I assume you mean a deterministic algorithm. The best discrepancy bound is in fact $O(\sqrt{n\log (m/n)})$ which is $O(\sqrt{n})$ when $m = O(n)$. This the famous Six Standard Deviations Suffice bound of Spencer (1985 TAMS). A coloring achieving this bound can be found in deterministic polynomial time, using a recent result by Bansal and Spencer.

Achieving the random coloring bound of $\sqrt{2n \ln (2m)}$ can be done with simple classic derandomization methods. You can use the method of conditional expectations or variants of the multiplicative weights method. You can even achieve the stronger $\sqrt{2|e|\ln(2m)}$ bound for each edge $e$. See Section 1.1. of Chazelle's book.

For completeness, let me reproduce the multiplicative weights argument, because it's nice and simple. Identify the vertices of $H$ with $[n]$. We will pick $\chi(i)$ for $i = 1, \ldots, n$ greedily.

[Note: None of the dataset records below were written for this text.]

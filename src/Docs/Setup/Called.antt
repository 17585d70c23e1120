-- ===== src/Docs/Setup/Called.antt =====
-- What the callback of `window.__app` binds.
use oauth.Prelude.{
  ℕ, ◌≡◌, refl, sym, ◌⊎◌, ◌≢◌, inl, inr, List, [], ◌∷◌, Bool, true, false, Option, none, some, All,
  Bytes, map,
}
use mathlib.Core.Path.{subst}
use oauth.Docs.Resizer.{Resizer}
use oauth.Docs.Setup.{
  Setup, resize_with, nav_resizer, expand_with, nav_expander, start_expander, bind_link,
  search_frame_buttons, navigation_change, call_parts, set_up,
}
use oauth.Docs.Setup.Events.{run_waiting}
use oauth.Docs.Setup.Counts.{
  Windows, bind_frame, bind_change, LinkFits, Pointers, bind_once-all, Clicked, bind_links,
  Clicked-fits,
}

-- Every listener has been added as often as its flag says.
abbrev pub Flagged : ℕ → Bool → Bool → Setup → Type 0
Flagged clicks navigation loading s =
    (s.navigation_listener_bound ≡ navigation)
    × (s.loading ≡ loading)
    × Windows s.navigation_listener_bound s.search_frame_globals_bound s.navigation_change_bound
        s.window_listeners
    × All (LinkFits clicks) s.links
    × Pointers s.nav_resizer_bound s.resizer_listeners

abbrev pub Resizable : Option Resizer → Bool → Type 0
Resizable none bound = Unit
Resizable (some r) bound = bound ≡ true

-- What has been bound when the callback of `__app` has run.
abbrev pub Called : ℕ → Setup → Type 0
Called clicks s =
    (s.search_frame_globals_bound ≡ true)
    × (s.navigation_change_bound ≡ true)
    × All (Clicked clicks) s.links
    × Resizable s.resizer s.nav_resizer_bound

module _ (clicks : ℕ) (navigation loading : Bool) where
  resize_with-Flagged :
      (r : Option Resizer) (s : Setup)
      → s.resizer ≡ r
      → Flagged clicks navigation loading s
      → Flagged clicks navigation loading (resize_with r s)
        × Resizable (resize_with r s).resizer (resize_with r s).nav_resizer_bound
  unfolding resize_with
  resize_with-Flagged none s e h = (h, subst (λ r. Resizable r s.nav_resizer_bound) (sym e) tt)
  resize_with-Flagged (some r) s e (n, l, windows, links, pointers) =
      ((n, l, windows, links, bind_once-all s.nav_resizer_bound s.resizer_listeners pointers), refl)

  expand_with-Flagged :
      (enabled : Bool) (path_id : Option (Option Bytes)) (s : Setup)
      → Flagged clicks navigation loading s
      → Resizable s.resizer s.nav_resizer_bound
      → Flagged clicks navigation loading (expand_with enabled path_id s)
        × Resizable
            (expand_with enabled path_id s).resizer
            (expand_with enabled path_id s).nav_resizer_bound
  unfolding expand_with start_expander
  expand_with-Flagged true (some path) s h r = (h, r)
  expand_with-Flagged true none s h r = (h, r)
  expand_with-Flagged false path_id s h r = (h, r)

  pub set_up-Flagged :
      (rehydrate_nav : Bool) (s : Setup)
      → Flagged clicks navigation loading s
      → Flagged clicks navigation loading (set_up rehydrate_nav s)
        × Called clicks (set_up rehydrate_nav s)
  unfolding set_up nav_resizer nav_expander call_parts search_frame_buttons navigation_change
  set_up-Flagged rehydrate_nav s h =
      let (resized, sized) = resize_with-Flagged s.resizer s refl h in
      let ((n, l, windows, links, pointers), fit) =
        expand_with-Flagged rehydrate_nav (nav_resizer s).path_id (nav_resizer s) resized sized in
      let outer = nav_expander rehydrate_nav (nav_resizer s) in
      let clicked = bind_links clicks outer.links links in
      let nav = outer.navigation_listener_bound in
      let frame = outer.search_frame_globals_bound in
      let change = outer.navigation_change_bound in
      let framed = bind_frame nav frame change outer.window_listeners windows in
      (
        (
          n,
          l,
          bind_change nav true change _ framed,
          Clicked-fits clicks (map bind_link outer.links) clicked,
          pointers,
        ),
        (refl, refl, clicked, fit),
      )

module _ (clicks : ℕ) (navigation : Bool) where
  pub run_waiting-Flagged :
      (waiting : List Bool) (s : Setup)
      → Flagged clicks navigation false s
      → Called clicks s ⊎ (waiting ≢ [])
      → Flagged clicks navigation false (run_waiting waiting s)
        × Called clicks (run_waiting waiting s)
  unfolding run_waiting
  run_waiting-Flagged [] s h (inl called) = (h, called)
  run_waiting-Flagged [] s h (inr some_wait) = absurd (some_wait refl)
  run_waiting-Flagged (rehydrate_nav ∷ waiting) s h or =
      let (flagged, called) = set_up-Flagged clicks navigation false rehydrate_nav s h in
      run_waiting-Flagged waiting (set_up rehydrate_nav s) flagged (inl called)
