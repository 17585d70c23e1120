-- ===== src/Docs/Setup/Posted.antt =====
-- What messages to the list change.
use oauth.Prelude.{
  ℕ, ◌≡◌, refl, Bool-cases, ap, ◌∙◌, inl, inr, List, [], ◌∷◌, ◌++◌, Option, none, some, ◌==◌, Bytes,
}
use oauth.Docs.Setup.{Setup}
use oauth.Docs.Setup.Events.{expand_nav_path, post_message, post_all}

-- What messages and timers change: none of what is bound.
pub expand_nav_path-posted :
    (path_id : Option (Option Bytes)) (s : Setup)
    → (posted : List Bytes) × (expand_nav_path path_id s ≡ record s { posted = posted })
unfolding expand_nav_path
expand_nav_path-posted (some (some path)) s = elim (Bool-cases s.has_frame) [
  | inl framed ↦ (s.posted ++ path ∷ [], rw framed refl)
  | inr no_frame ↦ (s.posted, rw no_frame refl)
]
expand_nav_path-posted (some none) s = (s.posted, refl)
expand_nav_path-posted none s = (s.posted, refl)

pub post_message-posted :
    (token : ℕ) (s : Setup)
    → (posted : List Bytes) × (post_message token s ≡ record s { posted = posted })
unfolding post_message
post_message-posted token s = elim (Bool-cases (token == s.nav_expander_token)) [
  | inl latest ↦ let (posted, e) = expand_nav_path-posted s.path_id s in (posted, rw latest e)
  | inr old ↦ (s.posted, rw old refl)
]

pub post_all-posted :
    (tokens : List ℕ) (s : Setup)
    → (posted : List Bytes) × (post_all tokens s ≡ record s { posted = posted })
unfolding post_all
post_all-posted [] s = (s.posted, refl)
post_all-posted (token ∷ tokens) s =
    let (posted, e) = post_message-posted token s in
    let (all, es) = post_all-posted tokens (record s { posted = posted }) in
    (all, ap (post_all tokens) e ∙ es)
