-- ===== src/Docs/Setup/Bound.antt =====
-- How often the listeners of the page are bound.
use oauth.Prelude.{ℕ, ◌≡◌, List, [], ◌∷◌, true, false, Option, none, some, All}
use oauth.Docs.Resizer.{Resizer}
use oauth.Docs.Setup.{WindowListener, PointerListener, Link, Setup}
use oauth.Docs.Setup.Events.{Event, show}
use oauth.Docs.Setup.Counts.{count, all_pointers, Clicked}
use oauth.Docs.Setup.Called.{Flagged, Called}

abbrev Complete : ℕ → Setup → Type 0
Complete clicks s = Flagged clicks true false s × Called clicks s

-- A link has one listener on the first page, and none on a page that is shown by a navigation.
unfoldable pub clicks_after : List Event → ℕ → ℕ
clicks_after [] clicks = clicks
clicks_after (show links path_id sync ∷ events) clicks = clicks_after events 0
clicks_after (e ∷ events) clicks = clicks_after events clicks

abbrev Untouched : Link → Type 0
Untouched l = (l.bound ≡ false) × (l.click_listeners ≡ 0)

-- Nothing has been bound.
abbrev pub Fresh : Setup → Type 0
Fresh s =
    (s.navigation_listener_bound ≡ false)
    × (s.search_frame_globals_bound ≡ false)
    × (s.navigation_change_bound ≡ false)
    × (s.nav_resizer_bound ≡ false)
    × (s.window_listeners ≡ [])
    × (s.resizer_listeners ≡ [])
    × All Untouched s.links

abbrev AllPointers : Option Resizer → List PointerListener → Type 0
AllPointers none listeners = Unit
AllPointers (some r) listeners = listeners ≡ all_pointers

-- Every listener of the window and of the resizer stands once, and every link is marked and has so
-- many.
abbrev pub BoundOnce : ℕ → Setup → Type 0
BoundOnce clicks s =
    ((w : WindowListener) → count w s.window_listeners ≡ 1)
    × All (Clicked clicks) s.links
    × AllPointers s.resizer s.resizer_listeners
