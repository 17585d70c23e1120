-- ===== src/Docs/Setup/Expanding.antt =====
-- Who waits to post a message for `navExpander` of docs/js/app.js.
use oauth.Prelude.{
  ℕ, suc, ◌<◌, ◌≡◌, refl, sym, ap, ◌⊎◌, inl, inr, List, [], ◌∷◌, ◌++◌, Bool, true, false, Option,
  none, some, ◌==◌, All, All-append, Bytes, arith, Bool-cases,
}
use mathlib.Core.Path.{subst}
use oauth.Docs.Resizer.{Resizer}
use oauth.Docs.Setup.{
  Setup, resize_with, nav_resizer, clear_timer, listen_load, expand_with, nav_expander,
  start_expander, search_frame_buttons, navigation_change, call_parts, set_up, call_ready, app,
}
use oauth.Docs.Setup.Events.{
  run_script, run_waiting, content_loaded, load_frame, fire_with, fire, token_of, sync_nav,
  show_main, Event, script, content_read, show, loaded, fired, step, run,
}
use oauth.Docs.Setup.Posted.{expand_nav_path-posted, post_message-posted, post_all-posted}

-- No callback behind the latest one listens for the load, and that one once at most.
abbrev pub Listening : ℕ → List ℕ → Type 0
Listening token listeners =
    (older : List ℕ) × All (λ t. t < token) older
    × ((listeners ≡ older) ⊎ (listeners ≡ older ++ token ∷ []))

-- One timer is pending at most, with the latest token, and it is the one to clear.
abbrev pub Pending : Option ℕ → ℕ → List (ℕ × ℕ) → Type 0
Pending timer token timers =
    (timers ≡ []) ⊎ ((id : ℕ) × (timer ≡ some id) × (timers ≡ (id, token) ∷ []))

abbrev Expanding : Setup → Type 0
Expanding s =
    Listening s.nav_expander_token s.frame_listeners
    × Pending s.nav_expander_timer s.nav_expander_token s.timers

All-suc : (token : ℕ) (ts : List ℕ) → All (λ t. t < token) ts → All (λ t. t < suc token) ts
All-suc token [] h = tt
All-suc token (t ∷ ts) (h, hs) = (omega arith, All-suc token ts hs)

listen_load-cases :
    (framed : Bool) (token : ℕ) (listeners : List ℕ)
    → (listen_load framed token listeners ≡ listeners)
      ⊎ (listen_load framed token listeners ≡ listeners ++ token ∷ [])
unfolding listen_load
listen_load-cases true token listeners = inr refl
listen_load-cases false token listeners = inl refl

listen_load-Listening :
    (framed : Bool) (token : ℕ) (listeners : List ℕ)
    → Listening token listeners
    → Listening (suc token) (listen_load framed (suc token) listeners)
unfolding listen_load
listen_load-Listening framed token listeners (older, before, e) =
    let below : All (λ t. t < suc token) listeners = elim e [
      | inl e ↦ subst (All (λ t. t < suc token)) (sym e) (All-suc token older before)
      | inr e ↦ subst (All (λ t. t < suc token)) (sym e) (
          All-append (λ t. t < suc token) older (token ∷ []) (All-suc token older before)
            (omega arith, tt))
    ] in
    (listeners, below, listen_load-cases framed (suc token) listeners)

clear_timer-Pending :
    (timer : Option ℕ) (token : ℕ) (timers : List (ℕ × ℕ))
    → Pending timer token timers
    → clear_timer timer timers ≡ []
unfolding clear_timer
clear_timer-Pending none token timers (inl e) = e
clear_timer-Pending (some id) token timers (inl e) = rw e refl
clear_timer-Pending timer token timers (inr (id, e, one)) =
    let same : (id == id) ≡ true = ground arith in rw (e, one, same) refl

clear-any :
    (id : ℕ) (timer : Option ℕ) (token : ℕ) (timers : List (ℕ × ℕ))
    → Pending timer token timers
    → Pending timer token (clear_timer (some id) timers)
unfolding clear_timer
clear-any id timer token timers (inl e) = inl (rw e refl)
clear-any id timer token timers (inr (other, e, one)) = elim (Bool-cases (other == id)) [
  | inl same ↦ inl (rw (one, same) refl)
  | inr differ ↦ inr (other, e, rw (one, differ) refl)
]

start_expander-Expanding : (s : Setup) → Expanding s → Expanding (start_expander s)
unfolding start_expander
start_expander-Expanding s (listening, pending) = (
  listen_load-Listening s.has_frame s.nav_expander_token s.frame_listeners listening,
  inr (
    s.next_timer,
    refl,
    ap (λ ts. ts ++ (s.next_timer, suc s.nav_expander_token) ∷ [])
        (clear_timer-Pending s.nav_expander_timer s.nav_expander_token s.timers pending),
  ),
)

resize_with-Expanding : (r : Option Resizer) (s : Setup) → Expanding s → Expanding (resize_with r s)
unfolding resize_with
resize_with-Expanding none s h = h
resize_with-Expanding (some r) s h = h

expand_with-Expanding :
    (enabled : Bool) (path_id : Option (Option Bytes)) (s : Setup)
    → Expanding s
    → Expanding (expand_with enabled path_id s)
unfolding expand_with
expand_with-Expanding true (some path) s h = start_expander-Expanding s h
expand_with-Expanding true none s h = h
expand_with-Expanding false path_id s h = h

set_up-Expanding :
    (rehydrate_nav : Bool) (s : Setup) → Expanding s → Expanding (set_up rehydrate_nav s)
unfolding set_up nav_resizer nav_expander call_parts search_frame_buttons navigation_change
set_up-Expanding rehydrate_nav s h =
    expand_with-Expanding rehydrate_nav (nav_resizer s).path_id (nav_resizer s)
      (resize_with-Expanding s.resizer s h)

call_ready-Expanding :
    (loading rehydrate_nav : Bool) (s : Setup)
    → Expanding s
    → Expanding (call_ready loading rehydrate_nav s)
unfolding call_ready
call_ready-Expanding true rehydrate_nav s h = h
call_ready-Expanding false rehydrate_nav s h = set_up-Expanding rehydrate_nav s h

run_waiting-Expanding :
    (waiting : List Bool) (s : Setup) → Expanding s → Expanding (run_waiting waiting s)
unfolding run_waiting
run_waiting-Expanding [] s h = h
run_waiting-Expanding (rehydrate_nav ∷ waiting) s h =
    run_waiting-Expanding waiting (set_up rehydrate_nav s) (set_up-Expanding rehydrate_nav s h)

sync_nav-Expanding : (sync : Bool) (s : Setup) → Expanding s → Expanding (sync_nav sync s)
unfolding sync_nav
sync_nav-Expanding true s h = subst Expanding (sym (expand_nav_path-posted s.path_id s).1) h
sync_nav-Expanding false s h = h

fire_with-Expanding : (token : Option ℕ) (s : Setup) → Expanding s → Expanding (fire_with token s)
unfolding fire_with
fire_with-Expanding none s h = h
fire_with-Expanding (some token) s h = subst Expanding (sym (post_message-posted token s).1) h

step-Expanding : (e : Event) (s : Setup) → Expanding s → Expanding (step e s)
unfolding step run_script content_loaded show_main app load_frame fire
step-Expanding script s h = call_ready-Expanding s.loading true s h
step-Expanding content_read s h =
    run_waiting-Expanding s.waiting (record s { loading = false; waiting = [] }) h
step-Expanding (show links path_id sync) s h =
    sync_nav-Expanding sync _ (call_ready-Expanding s.loading false _ h)
step-Expanding loaded s (listening, pending) =
    subst Expanding (sym (post_all-posted s.frame_listeners (record s { frame_listeners = [] })).1)
      (([], tt, inl refl), pending)
step-Expanding (fired id) s (listening, pending) =
    fire_with-Expanding (token_of id s.timers) _
      (listening, clear-any id s.nav_expander_timer s.nav_expander_token s.timers pending)

pub run-Expanding : (events : List Event) (s : Setup) → Expanding s → Expanding (run events s)
unfolding run
run-Expanding [] s h = h
run-Expanding (e ∷ events) s h = run-Expanding events (step e s) (step-Expanding e s h)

Define $D(e, k) = \sum_{i \in e, i \leq k}{\chi(i)}$ to be the discrepancy of $e$ up to $k$. Let $p(e, k) = \frac{1}{2}e^{\alpha D(e, k)} +\frac{1}{2}e^{-\alpha D(e, k)}$ for $\alpha = \sqrt{2\ln (2m)/n}$, and the potential function $P(k) = \sum_e{p(e, k)}$. Define also $p(e, 0) = 1$ and $P(0) = m$. You can verify that for a random choice of $\chi(k+1)$, $\mathbb{E}P(k+1) \leq P(k)e^{\alpha^2/2}$. So you can just pick each $\chi(k)$ to minimize $P(k)$, and after the final step you have $$ \frac{1}{2} e^{\alpha |D(e, n)|} \leq \max_e p(e, n) \leq P(n) \leq me^{n\alpha^2/2}. $$

Simple algebra gives the bound.